§ **Work request**: Give again, word for word, every line in the entries below from the line with "contains-keep str_cmp-IsLawful a (λ id. not" up to and including the line with "(a : Str) (test : Metadata → Bool) (points", and no other line.

•••

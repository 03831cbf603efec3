-- ===== src/MetadataIndex/Candidates.antt =====
-- The candidates of a filter against a scan of the points that the index was built from.
use focal_vector.Base.{
  Bool, true, false, ◌≡◌, refl, ◌∙◌, sym, Option, List, [], ◌∷◌, ◌||◌, ◌&&◌, not, if◌then◌else◌,
  arith, any, keep, is_empty, All, map,
}
use focal_vector.Order.{is_eq}
use focal_vector.Str.{Str, str_cmp, str_cmp-IsLawful}
use focal_vector.Float.{F64, FloatOps}
use focal_vector.Map.{lookup, contains, set_insert, set_extend, IsOrdered}
use focal_vector.Map.Sets.{contains-set_insert, contains-set_extend, contains-keep}
use focal_vector.Filter.{
  Filter, Filters, match_all, equals, range, conj, disj, negation, nil, cons, matches, matches_all,
  matches_any, Value, Metadata, found_eq, found_in,
}
use focal_vector.Point.{StoredPoint}
use focal_vector.Sort.Unique.{AllDiffer}
use focal_vector.Collection.{id_cmp}
use focal_vector.MetadataIndex.{
  MetadataIndex, post_entries, post_points, build, candidates, retain_all, extend_all, equal_ids,
  range_ids,
}
use focal_vector.MetadataIndex.Build.{
  in_all, in_equal, in_range, in_equal-post_entry, in_range-post_entry, read-post_entries,
  in_all-post_entries,
}

-- The points have the ID and pass the test.
abbrev some_point : Str → (Metadata → Bool) → List StoredPoint → Bool
some_point a test points = any (λ p. is_eq (str_cmp a p.id) && test p.metadata) points

abbrev pub HasOrderedMetadata : StoredPoint → Type 0
HasOrderedMetadata p = IsOrdered str_cmp p.metadata

module _ (fl : FloatOps) where
  in_all-post_points :
      (a : Str) (points : List StoredPoint) (index : MetadataIndex)
      → in_all a (post_points fl index points) ≡ some_point a (λ m. true) points || in_all a index
  unfolding post_points
  in_all-post_points a [] index = refl
  in_all-post_points a (p ∷ ps) index =
      let added = record index { all_ids = set_insert str_cmp p.id index.all_ids } in
      ground (
        arith,
        in_all-post_points a ps (post_entries fl p.id added p.metadata),
        in_all-post_entries fl a p.id p.metadata added,
        contains-set_insert str_cmp-IsLawful a p.id index.all_ids,
      )

  in_equal-post_points :
      (a g : Str) (w : Value) (points : List StoredPoint) (index : MetadataIndex)
      → All HasOrderedMetadata points
      → in_equal a g w (post_points fl index points)
        ≡ some_point a (λ m. found_eq (lookup str_cmp g m) w) points || in_equal a g w index
  unfolding post_points found_eq equal_ids
  in_equal-post_points a g w [] index o = refl
  in_equal-post_points a g w (p ∷ ps) index o =
      let added = record index { all_ids = set_insert str_cmp p.id index.all_ids } in
      ground (
        arith,
        in_equal-post_points a g w ps (post_entries fl p.id added p.metadata) o.1,
        read-post_entries fl a g (in_equal a g w) (λ v. found_eq v w) refl
            (in_equal-post_entry fl a g w) p.id p.metadata added o.0,
      )

  in_range-post_points :
      (a g : Str) (gte lt' : Option F64) (points : List StoredPoint) (index : MetadataIndex)
      → All HasOrderedMetadata points
      → in_range a g gte lt' (post_points fl index points)
        ≡ some_point a (λ m. found_in fl (lookup str_cmp g m) gte lt') points
          || in_range a g gte lt' index
  unfolding post_points found_in range_ids
  in_range-post_points a g gte lt' [] index o = refl
  in_range-post_points a g gte lt' (p ∷ ps) index o =
      let added = record index { all_ids = set_insert str_cmp p.id index.all_ids } in
      ground (
        arith,
        in_range-post_points a g gte lt' ps (post_entries fl p.id added p.metadata) o.1,
        read-post_entries fl a g (in_range a g gte lt') (λ v. found_in fl v gte lt') refl
            (in_range-post_entry fl a g gte lt') p.id p.metadata added o.0,
      )

  -- An index that answers about one ID as the metadata of its only point, or, when `here` is false, not.
  record Describes (index : MetadataIndex) (a : Str) (here : Bool) (m : Metadata) : Type 0 where
    all : in_all a index ≡ here
    equal : (g : Str) (w : Value) → in_equal a g w index ≡ here && found_eq (lookup str_cmp g m) w
    ranged :
        (g : Str) (gte lt' : Option F64)
        → in_range a g gte lt' index ≡ here && found_in fl (lookup str_cmp g m) gte lt'

  is_empty-contains :
      (a : Str) (ids : List Str) → is_empty ids ≡ true → contains str_cmp a ids ≡ false
  unfolding contains
  is_empty-contains a [] h = refl
  is_empty-contains a (i ∷ ids) h = cc

  module _ (index : MetadataIndex) (a : Str) (here : Bool) (m : Metadata)
      (d : Describes index a here m) where
    mutual
      unfolding candidates retain_all extend_all matches matches_all matches_any contains

      candidates-matches :
          (f : Filter) → contains str_cmp a (candidates index f) ≡ here && matches fl f m
      candidates-matches match_all = ground (arith, d.all)
      candidates-matches (equals g w) = d.equal g w
      candidates-matches (range g gte lt') = d.ranged g gte lt'
      candidates-matches (conj nil) = ground (arith, d.all)
      candidates-matches (conj (cons f fs)) =
          retain_all-matches fs (candidates index f) (matches fl f m) (candidates-matches f)
      candidates-matches (disj fs) = extend_all-matches fs []
      candidates-matches (negation f) = ground (
        arith,
        d.all,
        candidates-matches f,
        contains-keep str_cmp-IsLawful a (λ id. not (contains str_cmp id (candidates index f)))
            index.all_ids,
      )

      retain_all-matches :
          (fs : Filters) (ids : List Str) (b : Bool)
          → contains str_cmp a ids ≡ here && b
          → contains str_cmp a (retain_all index ids fs) ≡ here && (b && matches_all fl fs m)
      retain_all-matches nil ids b h = ground arith
      retain_all-matches (cons f fs) ids b h =
          let kept = keep (λ id. contains str_cmp id (candidates index f)) ids in
          ground (
            arith,
            h,
            candidates-matches f,
            contains-keep str_cmp-IsLawful a (λ id. contains str_cmp id (candidates index f)) ids,
            retain_all-matches fs kept (b && matches fl f m),
            is_empty-contains a kept,
          )

      extend_all-matches :
          (fs : Filters) (ids : List Str)
          → contains str_cmp a (extend_all index ids fs)
            ≡ contains str_cmp a ids || (here && matches_any fl fs m)
      extend_all-matches nil ids = ground arith
      extend_all-matches (cons f fs) ids = ground (
        arith,
        extend_all-matches fs (set_extend str_cmp ids (candidates index f)),
        candidates-matches f,
        contains-set_extend str_cmp-IsLawful a (candidates index f) ids,
      )

-- The metadata of the first point with the ID, or none.
abbrev found : Str → List StoredPoint → Metadata
found a [] = []
found a (p ∷ ps) = if is_eq (str_cmp a p.id) then p.metadata else found a ps

some_point_none :
    (a : Str) (test : Metadata → Bool) (p : StoredPoint) (ps : List StoredPoint)
    → is_eq (str_cmp a p.id) ≡ true
    → All (λ q. is_eq (id_cmp p q) ≡ false) ps
    → some_point a test ps ≡ false
unfolding id_cmp
some_point_none a test p [] e d = refl
some_point_none a test p (q ∷ ps) e d =
    ground (arith, some_point_none a test p ps e d.1, str_cmp-IsLawful.eq_of_cmp a p.id, d.0)

-- At most one point has the ID, so a test of some such point is one of the found metadata.
some_point-found :
    (a : Str) (test : Metadata → Bool) (points : List StoredPoint)
    → AllDiffer id_cmp points
    → some_point a test points ≡ some_point a (λ m. true) points && test (found a points)
some_point-found a test [] d = refl
some_point-found a test (p ∷ ps) d = ground (
  arith,
  some_point-found a test ps d.1,
  some_point_none a test p ps,
  some_point_none a (λ m. true) p ps,
  d.0,
)

module _ (fl : FloatOps) where
  -- The IDs of the points that pass, by a scan of them all.
  abbrev pub passing : Filter → List StoredPoint → List Str
  passing f points = map (λ p. p.id) (keep (λ p. matches fl f p.metadata) points)

  contains-passing :
      (a : Str) (f : Filter) (points : List StoredPoint)
      → contains str_cmp a (passing f points) ≡ some_point a (matches fl f) points
  unfolding contains
  contains-passing a f [] = refl
  contains-passing a f (p ∷ ps) = ground (arith, contains-passing a f ps)

  build-Describes :
      (points : List StoredPoint) (a : Str)
      → All HasOrderedMetadata points
      → AllDiffer id_cmp points
      → Describes fl (build fl points) a (some_point a (λ m. true) points) (found a points)
  unfolding build equal_ids range_ids contains lookup
  build-Describes points a o d =
      let empty : MetadataIndex = record { all_ids = []; equality = []; numeric = [] } in
      record {
        all = ground (arith, in_all-post_points fl a points empty);
        equal = λ g w. ground (
          arith,
          in_equal-post_points fl a g w points empty o,
          some_point-found a (λ m. found_eq (lookup str_cmp g m) w) points d,
        );
        ranged = λ g gte lt'. ground (
          arith,
          in_range-post_points fl a g gte lt' points empty o,
          some_point-found a (λ m. found_in fl (lookup str_cmp g m) gte lt') points d,
        );
      }

  -- The candidates of a filter, from the index of points with different IDs and ordered metadata, are the IDs
  -- of the points that a scan finds to match.
  pub candidates-build :
      (points : List StoredPoint) (f : Filter) (a : Str)
      → All HasOrderedMetadata points
      → AllDiffer id_cmp points
      → contains str_cmp a (candidates (build fl points) f) ≡ contains str_cmp a (passing f points)
  candidates-build points f a o d =
      candidates-matches fl (build fl points) a (some_point a (λ m. true) points) (found a points)
        (build-Describes points a o d) f
      ∙ sym (some_point-found a (matches fl f) points d)
      ∙ sym (contains-passing a f points)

•••

§ **Written response**:
        contains-keep str_cmp-IsLawful a (λ id. not (contains str_cmp id (candidates index f)))
            index.all_ids,
      )

      retain_all-matches :
          (fs : Filters) (ids : List Str) (b : Bool)
          → contains str_cmp a ids ≡ here && b
          → contains str_cmp a (retain_all index ids fs) ≡ here && (b && matches_all fl fs m)
      retain_all-matches nil ids b h = ground arith
      retain_all-matches (cons f fs) ids b h =
          let kept = keep (λ id. contains str_cmp id (candidates index f)) ids in
          ground (
            arith,
            h,
            candidates-matches f,
            contains-keep str_cmp-IsLawful a (λ id. contains str_cmp id (candidates index f)) ids,
            retain_all-matches fs kept (b && matches fl f m),
            is_empty-contains a kept,
          )

      extend_all-matches :
          (fs : Filters) (ids : List Str)
          → contains str_cmp a (extend_all index ids fs)
            ≡ contains str_cmp a ids || (here && matches_any fl fs m)
      extend_all-matches nil ids = ground arith
      extend_all-matches (cons f fs) ids = ground (
        arith,
        extend_all-matches fs (set_extend str_cmp ids (candidates index f)),
        candidates-matches f,
        contains-set_extend str_cmp-IsLawful a (candidates index f) ids,
      )

-- The metadata of the first point with the ID, or none.
abbrev found : Str → List StoredPoint → Metadata
found a [] = []
found a (p ∷ ps) = if is_eq (str_cmp a p.id) then p.metadata else found a ps

some_point_none :
    (a : Str) (test : Metadata → Bool) (p : StoredPoint) (ps : List StoredPoint)
    → is_eq (str_cmp a p.id) ≡ true
    → All (λ q. is_eq (id_cmp p q) ≡ false) ps
    → some_point a test ps ≡ false
unfolding id_cmp
some_point_none a test p [] e d = refl
some_point_none a test p (q ∷ ps) e d =
    ground (arith, some_point_none a test p ps e d.1, str_cmp-IsLawful.eq_of_cmp a p.id, d.0)

-- At most one point has the ID, so a test of some such point is one of the found metadata.
some_point-found :
    (a : Str) (test : Metadata → Bool) (points : List StoredPoint)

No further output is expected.